Volume-preserving feedforward neural networks: based on $LA$-SympNets we build volume-preserving feedforward neural networks that can learn arbitrary volume-preserving maps.
Transformers: transformer neural networks have revolutionized many fields in machine learning like natural language processing [54] and image recognition [88]. We discuss them here and further imbue them with structure-preserving properties to arrive at volume-preserving transformers and linear symplectic transformers.

We note that SympNets, volume-preserving feedforward neural networks and the three transformer types presented here belong to a category of neural network integrators, which are used in the online stage of reduced order modeling. That makes them different from symplectic autoencoders which are used in the offline stage.

Examples

In this part we demonstrate the neural network architectures implemented in GeometricMachineLearning with a few examples:

Symplectic autoencoders: here we show how to reduce the Toda lattice [89], which is a 400-dimensional Hamiltonian system in our case, to a two-dimensional Hamiltonian system with symplectic autoencoders.
SympNets: this serves as an introductory example into using GeometricMachineLearning and does not contain any new results. It simply shows how to use SympNets to learn the flow of a harmonic oscillator.
Image classification: Here we perform image classification for the MNIST dataset [90] with vision transformers and show that manifold optimization can enable convergence that would otherwise not be possible.
The Grassmann manifold in neural networks: in this example we model a surface embedded in $\mathbb{R}^3$ with the help of the Grassmann manifold.
Different volume-preserving attention mechanisms: the volume-preserving attention mechanism in GeometricMachineLearning is based on computing correlations in the input sequence. These correlations can be constructed in two different ways. Here we compare these two.
Linear Symplectic Transformer: the linear symplectic transformer is used to integrate the four-dimensional Hamiltonian system of the coupled harmonic oscillator. Here we compare the linear symplectic transformer to the standard transformer and SympNets.
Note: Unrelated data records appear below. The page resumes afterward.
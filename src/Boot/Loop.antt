-- ===== src/Boot/Loop.antt =====
-- The boot loop of driver.rs over the drivers of modules/platform/src/drivers: its turns, and all of it.
use rt_async.Base.{
  ℕ, ◌≤◌, ◌<◌, ◌≡◌, true, false, List, [], ◌∷◌, arith, refl, ◌∙◌, ap, sym, subst, All, Bool-cases,
  inl, inr, none, some, Option-cases, ltb, if◌then◌else◌, Bool,
}
use rt_async.Base.Outcome.{done, ◌>>=◌}
use rt_async.Device.{Bus}
use rt_async.Driver.{
  Node, DriverInfo, Board, get_slot, set_slot, iter, matches, probe_all, visit, visit_all, boot,
  apply_pinctrl, enable_clock, bus_stack_pop_to, bus_stack_reset, try_derive_console, probes,
}
use rt_async.Boot.{Devices, Tree, probe_device}
use rt_async.Boot.Effects.{
  view, effect, effect_if, effects, tree_effects, tree_effects-serials, effects-serials, HasReg,
  Probed, probe_device_lem,
}

module _ {S : Type 0} where
  -- What a view depends on is the same.
  abbrev Same : Board (Devices S) → Board (Devices S) → Type 0
  Same b b' = (b'.devices ≡ b.devices) × (b'.serials ≡ b.serials)

  pop-Same :
      (b : Board (Devices S)) (popped : Bool) (level : ℕ)
      → Same b (if popped then bus_stack_pop_to b level else b)
  unfolding bus_stack_pop_to
  pop-Same b true level = ground arith
  pop-Same b false level = (refl, refl)

  pinctrl-Same : (b : Board (Devices S)) (node : Node) → Same b (apply_pinctrl b node)
  unfolding apply_pinctrl
  pinctrl-Same b node = elim (Option-cases (get_slot b.pinctrl)) [
    | inl off ↦ rw (off, apply_pinctrl) (refl, refl)
    | inr (pc, on) ↦ rw (on, apply_pinctrl) (refl, refl)
  ]

  clock-Same : (b : Board (Devices S)) (node : Node) → Same b (enable_clock b node)
  unfolding enable_clock
  clock-Same b node = elim (Option-cases (get_slot b.clock)) [
    | inl off ↦ rw (off, enable_clock) (refl, refl)
    | inr (cc, on) ↦ rw (on, enable_clock) (refl, refl)
  ]

  console-Same : (b : Board (Devices S)) → Same b (try_derive_console b)
  unfolding try_derive_console
  console-Same b = split (iter b.serials) refl
    where
      split : (devices : List ℕ) → iter b.serials ≡ devices → Same b (try_derive_console b)
      split [] e = rw (e, try_derive_console) (refl, refl)
      split (dev ∷ others) e = rw (e, try_derive_console) (refl, refl)

  -- The end of a turn: the console is derived if there is none.
  abbrev settle : Board (Devices S) → Board (Devices S)
  settle b = elim (get_slot b.console) [ none ↦ try_derive_console b | some dev ↦ b ]

  settle-Same : (b : Board (Devices S)) → Same b (settle b)
  settle-Same b = elim (Option-cases (get_slot b.console)) [
    | inl off ↦ rw (off, settle) (console-Same b)
    | inr (dev, on) ↦ rw (on, settle) (refl, refl)
  ]

  view-Same : (b b' : Board (Devices S)) → Same b b' → view b' ≡ view b
  view-Same b b' (p, q) = cc

module _ {S : Type 0} (bus : Bus S) (tree : Tree) where
  -- Every node that a driver matches has a `reg` property with an address that is not 0.
  abbrev pub HasRegs : List DriverInfo → Node → Type 0
  HasRegs drivers node =
      All (λ drv. matches drv.compatible node.compatibles ≡ true → HasReg bus tree node) drivers

  probe_all_lem :
      (drivers : List DriverInfo) (node : Node) (b : Board (Devices S))
      → HasRegs drivers node
      → (effects drivers node (view b)).serials ≤ b.serials.capacity
      → b.serials.next < b.serials.capacity
      → Probed bus tree b
          (effects drivers node (view b))
          (probe_all (probe_device bus tree) drivers node b)
  unfolding probe_all effects
  probe_all_lem [] node b regs room cursor = (b, refl, refl, refl, cursor)
  probe_all_lem (drv ∷ drivers) node b (reg, regs) room cursor =
      elim (Bool-cases (matches drv.compatible node.compatibles)) [
        | inr off ↦
            let room_off =
              subst
                (λ m.
                  (effects drivers node (effect_if m drv.name (view b))).serials
                  ≤ b.serials.capacity)
                off room in
            rw off (probe_all_lem drivers node b regs room_off cursor)
        | inl on ↦
            let room_on =
              subst
                (λ m.
                  (effects drivers node (effect_if m drv.name (view b))).serials
                  ≤ b.serials.capacity)
                on room in
            let asked = record b { log = probes drv.name node.name ∷ b.log } in
            let (b₁, e₁, view₁, same₁, next₁) =
              probe_device_lem bus tree node asked (reg on) cursor drv.name
                (omega (arith, effects-serials drivers node (effect drv.name (view b)), room_on)) in
            let room₁ : (effects drivers node (view b₁)).serials ≤ b₁.serials.capacity =
              omega (arith, ap (λ w. (effects drivers node w).serials) view₁, same₁, room_on) in
            let (b₂, e₂, view₂, same₂, next₂) = probe_all_lem drivers node b₁ regs room₁ next₁ in
            rw on (
              b₂,
              ap (λ r. r >>= probe_all (probe_device bus tree) drivers node) e₁ ∙ e₂,
              view₂ ∙ ap (effects drivers node) view₁,
              same₂ ∙ same₁,
              next₂,
            )
      ]

  visit_lem :
      (drivers : List DriverInfo) (prev_level : ℕ) (node : Node) (b : Board (Devices S))
      → HasRegs drivers node
      → (effects drivers node (view b)).serials ≤ b.serials.capacity
      → b.serials.next < b.serials.capacity
      → Probed bus tree b
          (effects drivers node (view b))
          (visit (probe_device bus tree) drivers prev_level node b)
  unfolding visit
  visit_lem drivers prev_level node b regs room cursor =
      let b₁ = if ltb node.level prev_level then bus_stack_pop_to b node.level else b in
      let (d₁, s₁) = pop-Same b (ltb node.level prev_level) node.level in
      let (d₂, s₂) = pinctrl-Same b₁ node in
      let (d₃, s₃) = clock-Same (apply_pinctrl b₁ node) node in
      let ready = enable_clock (apply_pinctrl b₁ node) node in
      let same : ready.serials ≡ b.serials = s₃ ∙ s₂ ∙ s₁ in
      let seen : view ready ≡ view b = view-Same b ready (d₃ ∙ d₂ ∙ d₁, same) in
      let room₁ : (effects drivers node (view ready)).serials ≤ ready.serials.capacity =
        omega (
          arith,
          ap (λ w. (effects drivers node w).serials) seen,
          ap (λ r. r.capacity) same,
          room,
        ) in
      let (b₂, e, view₂, same₂, next) =
        probe_all_lem drivers node ready regs room₁
          (subst (λ r. r.next < r.capacity) (sym same) cursor) in
      let (d₄, s₄) = settle-Same b₂ in
      (
        settle b₂,
        ap (λ r. r >>= λ b'. done (settle b')) e,
        view-Same b₂ (settle b₂) (d₄, s₄) ∙ view₂ ∙ ap (effects drivers node) seen,
        ap (λ r. r.capacity) s₄ ∙ same₂ ∙ ap (λ r. r.capacity) same,
        subst (λ r. r.next < r.capacity) (sym s₄) next,
      )

  visit_all_lem :
      (drivers : List DriverInfo) (prev_level : ℕ) (nodes : List Node) (b : Board (Devices S))
      → All (HasRegs drivers) nodes
      → (tree_effects drivers nodes (view b)).serials ≤ b.serials.capacity
      → b.serials.next < b.serials.capacity
      → Probed bus tree b
          (tree_effects drivers nodes (view b))
          (visit_all (probe_device bus tree) drivers prev_level nodes b)
  unfolding visit_all tree_effects
  visit_all_lem drivers prev_level [] b regs room cursor = (b, refl, refl, refl, cursor)
  visit_all_lem drivers prev_level (node ∷ nodes) b (reg, regs) room cursor =
      let (b₁, e₁, view₁, same₁, next₁) =
        visit_lem drivers prev_level node b reg
          (omega (arith, tree_effects-serials drivers nodes (effects drivers node (view b)), room))
          cursor in
      let room₁ : (tree_effects drivers nodes (view b₁)).serials ≤ b₁.serials.capacity =
        omega (arith, ap (λ w. (tree_effects drivers nodes w).serials) view₁, same₁, room) in
      let (b₂, e₂, view₂, same₂, next₂) =
        visit_all_lem drivers node.level nodes b₁ regs room₁ next₁ in
      (
        b₂,
        ap (λ r. r >>= visit_all (probe_device bus tree) drivers node.level nodes) e₁ ∙ e₂,
        view₂ ∙ ap (tree_effects drivers nodes) view₁,
        same₂ ∙ same₁,
        next₂,
      )

  -- The boot loop over any list of the drivers ends, and it leaves in the slots what the fold says, with
  -- the first serial device as the console.
  pub boot-view :
      (drivers : List DriverInfo) (nodes : List Node) (b : Board (Devices S))
      → All (HasRegs drivers) nodes
      → (tree_effects drivers nodes (view b)).serials ≤ b.serials.capacity
      → b.serials.next < b.serials.capacity
      → Probed bus tree b
          (tree_effects drivers nodes (view b))
          (boot (probe_device bus tree) (set_slot drivers) nodes b)
  unfolding boot bus_stack_reset get_slot set_slot
  boot-view drivers nodes b regs room cursor =
      let (b₁, e, view₁, same, next) =
        visit_all_lem drivers 1 nodes (bus_stack_reset b) regs room cursor in
      let (d, s) = console-Same b₁ in
      (
        try_derive_console b₁,
        ap (λ r. r >>= λ b'. done (try_derive_console b')) e,
        view-Same b₁ (try_derive_console b₁) (d, s) ∙ view₁,
        ap (λ r. r.capacity) s ∙ same,
        subst (λ r. r.next < r.capacity) (sym s) next,
      )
Associated Papers and Contributions

The following papers have emerged in connection with the development of GeometricMachineLearning:

In [7] a new class of optimizers for homogeneous spaces, a category that includes the Stiefel manifold and the Grassmann manifold, is introduced. The results presented in this paper are reproduced in the examples.
In [3] we introduced a new neural network architectures that we call symplectic autoencoders. This is capable of performing non-linear Hamiltonian model reduction. During training of these symplectic autoencoders we use the optimizers introduced in [7]. Similar results to what is presented in the paper are reproduced as an example.
In [4] we introduce a new neural network architecture that we call volume-preserving transformers. This is a structure-preserving version of the standard transformer [54] for which all components have been made volume preserving. As application we foresee the online phase in reduced order modeling.
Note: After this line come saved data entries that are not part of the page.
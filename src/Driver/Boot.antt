-- ===== src/Driver/Boot.antt =====
-- The boot loop of driver.rs, with the bus stacks of bus.rs.
use rt_async.Base.{
  ℕ, ◌≡◌, ◌≢◌, inl, inr, Option, none, some, List, [], ◌∷◌, ◌++◌, if◌then◌else◌, ltb, refl, arith,
  ◌∙◌, sym, ap, subst, Option-cases, Bool-cases,
}
use rt_async.Base.Outcome.{Outcome, Outcome-cases, done}
use mathlib.Core.List.{append_assoc}
use rt_async.Driver.{
  Slot, Node, DriverInfo, Event, applies, enables, probes, Board, set_slot, get_slot, iter,
  bus_stack_reset, bus_stack_pop_to, try_derive_console, matches, apply_pinctrl, enable_clock,
  probe_all, visit, visit_all, boot,
}

-- The first serial device, or the console that was there if there is none.
abbrev pub derived : {D : Type 0} → Board D → Option ℕ
derived b = elim (iter b.serials) [ [] ↦ get_slot b.console | dev ∷ others ↦ some dev ]

-- What is asked of the devices for one node, the first at the end.
abbrev pub probed : List DriverInfo → Node → List Event
probed [] node = []
probed (drv ∷ drivers) node =
    if matches drv.compatible node.compatibles
    then probed drivers node ++ (probes drv.name node.name ∷ [])
    else probed drivers node

abbrev pub asked : Option ℕ → Option ℕ → List DriverInfo → Node → List Event
asked pinctrl clock drivers node =
    probed drivers node
    ++ ((elim clock [ none ↦ [] | some cc ↦ enables cc node.name ∷ [] ])
        ++ (elim pinctrl [ none ↦ [] | some pc ↦ applies pc node.name ∷ [] ]))

-- The console is the first serial device in the registry, if there is one.
abbrev pub HasConsole : {D : Type 0} → Board D → Type 0
HasConsole b = get_slot b.console ≡ derived b

derive-HasConsole : {D : Type 0} (b : Board D) → HasConsole (try_derive_console b)
unfolding try_derive_console get_slot set_slot
derive-HasConsole b = split (iter b.serials) refl
  where
    split : (devices : List ℕ) → iter b.serials ≡ devices → HasConsole (try_derive_console b)
    split [] e = rw (e, try_derive_console) (rw (e, derived))
    split (dev ∷ others) e = rw (e, try_derive_console) (rw (e, derived))

derive-log : {D : Type 0} (b : Board D) → (try_derive_console b).log ≡ b.log
unfolding try_derive_console
derive-log b = split (iter b.serials) refl
  where
    split : (devices : List ℕ) → iter b.serials ≡ devices → (try_derive_console b).log ≡ b.log
    split [] e = rw (e, try_derive_console) refl
    split (dev ∷ others) e = rw (e, try_derive_console) refl

-- The board just before the drivers of a node are probed.
abbrev prepare : {D : Type 0} → ℕ → Node → Board D → Board D
prepare prev_level node b =
    enable_clock
      (apply_pinctrl (if ltb node.level prev_level then bus_stack_pop_to b node.level else b) node)
      node

prepare-log :
    {D : Type 0} (prev_level : ℕ) (node : Node) (b : Board D)
    → (prepare prev_level node b).log
      ≡ ((elim (get_slot b.clock) [ none ↦ [] | some cc ↦ enables cc node.name ∷ [] ])
          ++ (elim (get_slot b.pinctrl) [ none ↦ [] | some pc ↦ applies pc node.name ∷ [] ]))
        ++ b.log
unfolding apply_pinctrl enable_clock bus_stack_pop_to
prepare-log prev_level node b = elim (Option-cases (get_slot b.pinctrl)) [
  | inl no_pc ↦ elim (Option-cases (get_slot b.clock)) [
    | inl no_cc ↦ ground (arith, no_pc, no_cc)
    | inr (cc, has_cc) ↦ ground (arith, no_pc, has_cc)
  ]
  | inr (pc, has_pc) ↦ elim (Option-cases (get_slot b.clock)) [
    | inl no_cc ↦ ground (arith, has_pc, no_cc)
    | inr (cc, has_cc) ↦ ground (arith, has_pc, has_cc)
  ]
]

module _ {D : Type 0} (probe : ℕ → Node → Board D → Outcome (Board D)) where
  -- If `boot` ends, the console is the first serial device in the registry, if there is one; and `boot`
  -- ends only with a driver list.
  pub boot-HasConsole :
      (slot : Slot (List DriverInfo)) (nodes : List Node) (b : Board D) {b' : Board D}
      → boot probe slot nodes b ≡ done b'
      → HasConsole b' × (get_slot slot ≢ none)
  unfolding boot
  boot-HasConsole slot nodes b {b'} e = elim (Option-cases (get_slot slot)) [
    | inl off ↦ absurd (ground (arith, off, e))
    | inr (drivers, on) ↦
        elim (Outcome-cases (visit_all probe drivers 1 nodes (bus_stack_reset b))) [
          | inl stop ↦ absurd (ground (arith, on, stop, e))
          | inr (b₁, ok) ↦
              let same : try_derive_console b₁ ≡ b' = ground (arith, on, ok, e) in
              (subst HasConsole same (derive-HasConsole b₁), λ off. cc)
        ]
  ]

  module _
      (keeps : (name : ℕ) (node : Node) (b b' : Board D)
        → probe name node b ≡ done b'
        → b'.log ≡ b.log) where
    probe_all-log :
        (drivers : List DriverInfo) (node : Node) (b b' : Board D)
        → probe_all probe drivers node b ≡ done b'
        → b'.log ≡ probed drivers node ++ b.log
    unfolding probe_all
    probe_all-log [] node b b' e = ground (arith, e)
    probe_all-log (drv ∷ drivers) node b b' e =
        elim (Bool-cases (matches drv.compatible node.compatibles)) [
          | inr off ↦ rw off (probe_all-log drivers node b b' (ground (arith, off, e)))
          | inl on ↦
              let asked_b = record b { log = probes drv.name node.name ∷ b.log } in
              elim (Outcome-cases (probe drv.name node asked_b)) [
                | inl stop ↦ absurd (ground (arith, on, stop, e))
                | inr (b₁, ok) ↦ rw on (
                    probe_all-log drivers node b₁ b' (ground (arith, on, ok, e))
                    ∙ ap (λ x. probed drivers node ++ x) (keeps drv.name node asked_b b₁ ok)
                    ∙ sym
                        (append_assoc (probed drivers node) (probes drv.name node.name ∷ []) b.log))
              ]
        ]

    -- If no probe touches the log, then one turn of the boot loop asks of the devices, in this order: the
    -- pin controller to apply the node, the clock controller to enable it, each if there is one, and each
    -- driver that matches the node to probe it, in the order of the list; and nothing else.
    pub visit-log :
        (drivers : List DriverInfo) (prev_level : ℕ) (node : Node) (b b' : Board D)
        → visit probe drivers prev_level node b ≡ done b'
        → b'.log ≡ asked (get_slot b.pinctrl) (get_slot b.clock) drivers node ++ b.log
    unfolding visit apply_pinctrl enable_clock bus_stack_pop_to
    visit-log drivers prev_level node b b' e =
        elim (Outcome-cases (probe_all probe drivers node (prepare prev_level node b))) [
          | inl stop ↦ absurd (ground (arith, stop, e))
          | inr (b₁, ok) ↦
              let logged : b₁.log
                  ≡ asked (get_slot b.pinctrl) (get_slot b.clock) drivers node ++ b.log =
                probe_all-log drivers node (prepare prev_level node b) b₁ ok
                ∙ ap (λ x. probed drivers node ++ x) (prepare-log prev_level node b)
                ∙ sym (append_assoc (probed drivers node) _ b.log) in
              elim (Option-cases (get_slot b₁.console)) [
                | inl off ↦
                    let same : try_derive_console b₁ ≡ b' = ground (arith, ok, off, e) in
                    ap (λ x. x.log) (sym same) ∙ derive-log b₁ ∙ logged
                | inr (dev, on) ↦
                    let same : b₁ ≡ b' = ground (arith, ok, on, e) in
                    ap (λ x. x.log) (sym same) ∙ logged
              ]
        ]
In addition there are new results presented in this work that have not been written up as a separate paper:

Similar to the volume-preserving transformer [4] we introduce a linear symplectic transformer that preserves a symplectic product structure and is also foreseen to be used in reduced order modeling.
We show how the Grassmann manifold can be included into a neural network and construct a loss based on the Wasserstein distance to approximate a nonlinear space from which we can then sample.

0This document was produced with GeometricMachineLearning v0.3. It may be that the interface will slightly change in future versions, but efforts will be made to keep these changes as small as possible.
2In addition there is also an appendix that provides more implementation details.
3These spaces are also discussed in [23, 37].
4The optimizer framework was introduced in [7].